[DATA SUPPLIED Boundary: Start]
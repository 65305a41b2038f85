-- ===== src/Measure/Devnet/Validation.antt =====
-- The validation program in scripts/measure-devnet-costs.ts: a request and its response.
use solana.Prelude.{[], ◌∷◌, Bytes, Pubkey, some, key_bytes, ascii}
use solana.Script.{Request, ◌>>=◌, send, text, number, buffer}
use solana.Measure.{Setup, address}
use solana.Measure.Devnet.Identity.{Agent, Step, measure, validation_config_pda}
use solana.Measure.Devnet.Feedback.{empty_hash}

module _ (s : Setup) (agent : Agent) where
  open s use {network, programs}

  abbrev id_bytes : Bytes
  id_bytes = s.to_array agent.agent_id 8

  abbrev pub validation_pda : Pubkey
  validation_pda =
      address s (ascii "validation" ∷ id_bytes ∷ key_bytes s.validator ∷ s.to_array 0 4 ∷ [])
        programs.validation

  unfoldable pub validation_request : Request
  validation_request = record {
    program = programs.validation;
    method = ascii "requestValidation";
    arguments =
        number agent.agent_id ∷ text (ascii "ipfs://validation-request") ∷ buffer empty_hash ∷ [];
    accounts =
        (ascii "config", validation_config_pda s)
        ∷ (ascii "validationAccount", validation_pda)
        ∷ (
          ascii "validationCounter",
          address s (ascii "validation_counter" ∷ id_bytes ∷ key_bytes s.validator ∷ [])
              programs.validation,
        )
        ∷ (ascii "agentAccount", agent.agent_pda)
        ∷ (ascii "agentMint", agent.agent_mint)
        ∷ (ascii "agentTokenAccount", s.associated_address agent.agent_mint s.agent_owner)
        ∷ (ascii "validatorAddress", s.validator)
        ∷ (ascii "requester", s.agent_owner)
        ∷ (ascii "payer", s.agent_owner)
        ∷ (ascii "identityRegistryProgram", programs.identity)
        ∷ (ascii "tokenProgram", programs.token_program)
        ∷ (ascii "systemProgram", programs.system_program)
        ∷ [];
    pre_instructions = [];
    signers = s.agent_owner ∷ [];
  }

  unfoldable pub request_validation : Step s (Unit {0})
  request_validation = do
    tx_sig ← send network.rpc validation_request
    measure s (ascii "Request Validation") tx_sig 8 (some 300)

  unfoldable pub validation_response : Request
  validation_response = record {
    program = programs.validation;
    method = ascii "respondToValidation";
    arguments =
        number agent.agent_id
        ∷ number 0
        ∷ number 100
        ∷ text (ascii "ipfs://validation-response")
        ∷ buffer empty_hash
        ∷ buffer empty_hash
        ∷ [];
    accounts =
        (ascii "validationAccount", validation_pda)
        ∷ (ascii "validator", s.validator)
        ∷ (ascii "systemProgram", programs.system_program)
        ∷ [];
    pre_instructions = [];
    signers = s.validator ∷ [];
  }

  unfoldable pub respond_to_validation : Step s (Unit {0})
  respond_to_validation = do
    tx_sig ← send network.rpc validation_response
    measure s (ascii "Respond to Validation") tx_sig 2 (some 300)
[DATA SUPPLIED Boundary: End]
Would you please filter the lines above and copy every one that includes "number"?

use solana.Script.{Request, ◌>>=◌, send, text, number, buffer}
        number agent.agent_id ∷ text (ascii "ipfs://validation-request") ∷ buffer empty_hash ∷ [];
        number agent.agent_id
        ∷ number 0
        ∷ number 100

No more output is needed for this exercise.